[Entries taken from a collection]
*** Begin section ***
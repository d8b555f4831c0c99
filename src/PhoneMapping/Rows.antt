-- ===== src/PhoneMapping/Rows.antt =====
-- What a mapping means: the list of its rows in insertion order, each a portability number with
-- its routing number.
use lnr_high_performance.Base.{
  ℕ, ◌+◌, ◌≤◌, ◌<◌, ◌^◌, ◌&&◌, ◌≡◌, refl, Option, none, some, List, [], ◌∷◌, ◌++◌, arith, ltb, leb,
  ◌==◌, if◌then◌else◌, length, duplicate_key, too_much_rows, Result, ok, err, is_some,
}
use lnr_high_performance.PhoneMapping.{none_number, max_rows}

abbrev pub Row : Type 0
Row = ℕ × ℕ

unfoldable pub find_row : ℕ → List Row → Option ℕ
find_row k [] = none
find_row k (r ∷ rows) = if r.0 == k then some r.1 else find_row k rows

abbrev pub or_none : Option ℕ → ℕ
or_none none = none_number
or_none (some n) = n

-- what a lookup answers
unfoldable pub route : List Row → ℕ → ℕ
route rows k = or_none (find_row k rows)

-- the routing number of a number: that of the US, and else the Canadian one
unfoldable pub first_route : List Row → List Row → ℕ → ℕ
first_route us ca pn = if route us pn == none_number then route ca pn else route us pn

-- the specification of `addRow`
unfoldable pub push_row : List Row → Row → Result (List Row)
push_row rows r =
    if is_some (find_row r.0 rows)
    then err duplicate_key
    else if leb max_rows (length rows)
    then err too_much_rows
    else ok (rows ++ r ∷ [])

-- both numbers fit the bit fields of a packed pair
abbrev pub Fits : Row → Type 0
Fits r = (r.0 < 2 ^ 34) × (r.1 < 2 ^ 34)

-- no portability number stands twice
abbrev pub IsKeyed : List Row → Type 0
IsKeyed [] = Unit
IsKeyed (r ∷ rows) = (find_row r.0 rows ≡ none) × IsKeyed rows

-- the rows by ascending routing number, equal ones in insertion order
unfoldable pub insert_by_rn : Row → List Row → List Row
insert_by_rn r [] = r ∷ []
insert_by_rn r (q ∷ rows) = if ltb q.1 r.1 then q ∷ insert_by_rn r rows else r ∷ q ∷ rows

unfoldable pub sort_by_rn : List Row → List Row
sort_by_rn [] = []
sort_by_rn (r ∷ rows) = insert_by_rn r (sort_by_rn rows)

-- the rows with a routing number in a half-open range
unfoldable pub select : ℕ → ℕ → List Row → List Row
select from to [] = []
select from to (r ∷ rows) =
    let rest = select from to rows in if leb from r.1 && ltb r.1 to then r ∷ rest else rest

pub find_row-append :
    (k : ℕ) (rows : List Row) (r : Row)
    → find_row k (rows ++ r ∷ [])
      ≡ (if is_some (find_row k rows) then find_row k rows else find_row k (r ∷ []))
unfolding find_row
find_row-append k [] r = refl
find_row-append k (q ∷ rows) r = ground (arith, find_row-append k rows r)

pub IsKeyed-append :
    (rows : List Row) (r : Row) → IsKeyed rows → find_row r.0 rows ≡ none → IsKeyed (rows ++ r ∷ [])
IsKeyed-append [] r h absent = (unfold find_row in refl, tt)
IsKeyed-append (q ∷ rows) r h absent = (
  rw (find_row-append, h.0) (unfold find_row in ground arith),
  IsKeyed-append rows r h.1 (unfold find_row in ground arith),
)

length-insert_by_rn : (r : Row) (rows : List Row) → length (insert_by_rn r rows) ≡ length rows + 1
unfolding insert_by_rn
length-insert_by_rn r [] = omega arith
length-insert_by_rn r (q ∷ rows) = ground (arith, length-insert_by_rn r rows)

pub length-sort_by_rn : (rows : List Row) → length (sort_by_rn rows) ≡ length rows
unfolding sort_by_rn
length-sort_by_rn [] = refl
length-sort_by_rn (r ∷ rows) =
    omega (arith, length-insert_by_rn r (sort_by_rn rows), length-sort_by_rn rows)

pub length-select-le : (from to : ℕ) (rows : List Row) → length (select from to rows) ≤ length rows
unfolding select
length-select-le from to [] = omega arith
length-select-le from to (r ∷ rows) = ground (arith, length-select-le from to rows)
*** End section ***
● Problem statement
Copy out each line of the records that holds the string "refl".

● Exercise response
  ℕ, ◌+◌, ◌≤◌, ◌<◌, ◌^◌, ◌&&◌, ◌≡◌, refl, Option, none, some, List, [], ◌∷◌, ◌++◌, arith, ltb, leb,
find_row-append k [] r = refl
IsKeyed-append [] r h absent = (unfold find_row in refl, tt)
length-sort_by_rn [] = refl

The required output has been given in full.